Habe ich danach auch gemerkt    

Somit könnte der Thread auch geschlossen werden.


----------



## Hosaka (15. März 2012)

Nun ist Erscheinungsdatum 15.05.2012 lauft Blizz.

Kuckst Du hier:

http://eu.battle.net/de/int?r=d3


----------



## SirLoveJoy (16. März 2012)

Hallo zusammen,
sagt mal,dass Releasedatum wurde ja nun mit dem 15.08.2012 veröffentlicht!
Weiß jemand ob sie damit die Einladungen für die Beta stoppen,oder ob man evtl. doch noch damit rechnen kann evtl.von Blizzard freigeschaltet zu werden?
Ich habe wirklich viel probiert an einen Key zu kommen(Gewinnspiele ohne ende)aber wie immer im leben habe ich natürlich kein Glück gehabt.
Das Spiel würde ich vor Release schon verdammt gerne mal antesten dürfen.

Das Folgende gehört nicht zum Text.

-- ===== src/Listener/System/Counters.antt =====
-- The counters of the listener in a run of all its threads.
use rabbitmq_pika_adapter.Prelude.{ℕ, ◌++◌, arith}
use rabbitmq_pika_adapter.Listener.Message.{Delivery}
use rabbitmq_pika_adapter.Listener.World.{Env, Settings, Listener}
use rabbitmq_pika_adapter.Listener.Accounting.{
  IsBalanced, run_job-IsBalanced, on_done-IsBalanced, offload_wrapper-IsBalanced,
}
use rabbitmq_pika_adapter.Listener.System.{
  System, run_callback, Step, deliver, callback_ends, task_done, run_scheduled, stop, Reach, here,
  next, start,
}

module _ (env : Env) (settings : Settings) where
  run_callback-IsBalanced :
      (d : Delivery) (s : Listener)
      → IsBalanced s.log
      → IsBalanced (run_callback env settings d s).log
  unfolding run_callback
  run_callback-IsBalanced d s h = ground arith

  Step-IsBalanced :
      {s t : System} → Step env settings s t → IsBalanced s.listener.log → IsBalanced t.listener.log
  Step-IsBalanced {s} (deliver d free e) h =
      rw e (offload_wrapper-IsBalanced env settings d s.listener h)
  Step-IsBalanced {s} (callback_ends d before after e e') h =
      rw e' (run_callback-IsBalanced d (record s.listener { running = before ++ after }) h)
  Step-IsBalanced {s} (task_done d r before after e e') h =
      rw e'
        (on_done-IsBalanced env settings d r (record s.listener { finished = before ++ after }) h)
  Step-IsBalanced {s} (run_scheduled job rest e e') h =
      rw e' (run_job-IsBalanced env settings job (record s.listener { scheduled = rest }) h)
  Step-IsBalanced {s} (stop e) h = rw e h

  -- Whatever the threads do, and however the calls end, the counters `acked` and `nacked` of an
  -- offloading listener are the numbers of acknowledgements and rejections that the broker got.
  pub counters_agree :
      (n : ℕ) {t : System} → Reach env settings (start n) t → IsBalanced t.listener.log
  unfolding start
  counters_agree n here = ground arith
  counters_agree n (next r step) = Step-IsBalanced step (counters_agree n r)
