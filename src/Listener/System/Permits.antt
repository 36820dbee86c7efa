-- ===== src/Listener/System/Permits.antt =====
-- The semaphore: permits and tasks in flight add up to `max_in_flight`.
use rabbitmq_pika_adapter.Prelude.{
  ℕ, ◌+◌, ◌≤◌, ◌≡◌, refl, true, List, ◌∷◌, ◌++◌, arith, length, length-append, ap,
}
use rabbitmq_pika_adapter.Outcome.{Outcome}
use rabbitmq_pika_adapter.Listener.Message.{Delivery, Job, ack_job, fail_job}
use rabbitmq_pika_adapter.Listener.World.{Env, Settings, Listener, call, count}
use rabbitmq_pika_adapter.Listener.{
  internal_wrapper, run_job, hand_over, schedule, settle, on_done, submit, offload_wrapper,
}
use rabbitmq_pika_adapter.Listener.System.{
  System, may_proceed, run_callback, Step, deliver, callback_ends, task_done, run_scheduled, stop,
  Reach, here, next, start,
}

-- The tasks that hold a permit.
abbrev pub in_flight : Listener → ℕ
in_flight s = length s.running + length s.finished

-- What an operation that takes and gives no permit leaves alone.
record SameTasks (s t : Listener) : Type 0 where
  permits : t.permits ≡ s.permits
  running : t.running ≡ s.running
  finished : t.finished ≡ s.finished

module _ (env : Env) (settings : Settings) where
  internal_wrapper-SameTasks :
      (d : Delivery) (s : Listener) → SameTasks s (internal_wrapper env settings d s).1
  unfolding internal_wrapper
  internal_wrapper-SameTasks d s = ground arith

  run_job-SameTasks : (job : Job) (s : Listener) → SameTasks s (run_job env settings job s).1
  unfolding run_job
  run_job-SameTasks (ack_job tag) s = ground arith
  run_job-SameTasks (fail_job tag d cfg attempt) s = ground arith

  schedule-SameTasks : (job : Job) (s : Listener) → SameTasks s (schedule env settings job s).1
  unfolding schedule hand_over call
  schedule-SameTasks job s = grind (arith, run_job-SameTasks)

  abbrev Total : ℕ → Listener → Type 0
  Total n s = s.permits + in_flight s ≡ n

  on_done-Total :
      (d : Delivery) (r : Outcome (Unit {0})) (s : Listener) (n : ℕ)
      → Total n s
      → Total (n + 1) (on_done env settings d r s).1
  unfolding on_done settle count
  on_done-Total d r s n h = grind (arith, schedule-SameTasks)

  offload_wrapper-Total :
      (d : Delivery) (s : Listener) (n : ℕ)
      → may_proceed settings s ≡ true
      → Total n s
      → Total n (offload_wrapper env settings d s).1
  unfolding offload_wrapper submit count call may_proceed
  offload_wrapper-Total d s n free h = grind (arith, internal_wrapper-SameTasks)

  run_callback-Total :
      (d : Delivery) (s : Listener) (n : ℕ)
      → Total n s
      → Total (n + 1) (run_callback env settings d s)
  unfolding run_callback call
  run_callback-Total d s n h = ground arith

  length-middle :
      {A : Type 0} (before : List A) (x : A) (after : List A)
      → length (before ++ x ∷ after) ≡ length (before ++ after) + 1
  length-middle before x after =
      omega (arith, length-append before (x ∷ after), length-append before after)

  Total-of_same : (n : ℕ) {s t : Listener} → SameTasks s t → Total n s → Total n t
  Total-of_same n same h = ground arith

  Step-Total :
      (n : ℕ) {s t : System} → Step env settings s t → Total n s.listener → Total n t.listener
  Step-Total n {s} (deliver d free e) h = rw e (offload_wrapper-Total d s.listener n free h)
  Step-Total n {s} (callback_ends d before after e e') h =
      let moved = record s.listener { running = before ++ after } in
      rw e' (
        omega (
          arith,
          run_callback-Total d moved (moved.permits + in_flight moved) refl,
          ap length e,
          length-middle before d after,
        ))
  Step-Total n {s} (task_done d r before after e e') h =
      let moved = record s.listener { finished = before ++ after } in
      rw e' (
        omega (
          arith,
          on_done-Total d r moved (moved.permits + in_flight moved) refl,
          ap length e,
          length-middle before (d, r) after,
        ))
  Step-Total n {s} (run_scheduled job rest e e') h =
      let moved = record s.listener { scheduled = rest } in
      rw e' (Total-of_same n (run_job-SameTasks job moved) h)
  Step-Total n {s} (stop e) h = rw e h

  Reach-Total :
      (n : ℕ) {s t : System} → Total n s.listener → Reach env settings s t → Total n t.listener
  Reach-Total n h here = h
  Reach-Total n h (next r step) = Step-Total n step (Reach-Total n h r)

  -- Whatever the threads do, and however the calls end, no permit is lost or made up: permits and
  -- tasks in flight add up to `max_in_flight`, so at most that many callbacks run at once.
  pub permits_conserved :
      (n : ℕ) {t : System}
      → Reach env settings (start n) t
      → (t.listener.permits + in_flight t.listener ≡ n) × (in_flight t.listener ≤ n)
  unfolding start
  permits_conserved n r = let total = Reach-Total n (omega arith) r in (total, omega arith)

Also kann mir jemand sagen ob es auch weiterhin noch Betakeys von blizz geben wird,und wenn ja,wie lange es sie geben wird?
Es macht ja keinen sinn noch Leute einzuladen wenn das Spiel,sagen wir mal,in einer woche erscheint! 

Euch allen ein sonniges und erholsames Wochenende!
Grüsse


----------



## Delröy1 (16. März 2012)

solche fragen muss man blizz stellen und nicht hier ... also ich hab 2 beta accs  und ich muss sagen es hat genau 1 woche angehalten bis es mir zum halte raus hing hihi


----------



## paslay (17. März 2012)

Delröy schrieb:


> solche fragen muss man blizz stellen und nicht hier ... also ich hab 2 beta accs  und ich muss sagen es hat genau 1 woche angehalten bis es mir zum halte raus hing hihi



dann kannst du ja guten gewissens einen davon hergeben bitte pm an mich! danke


----------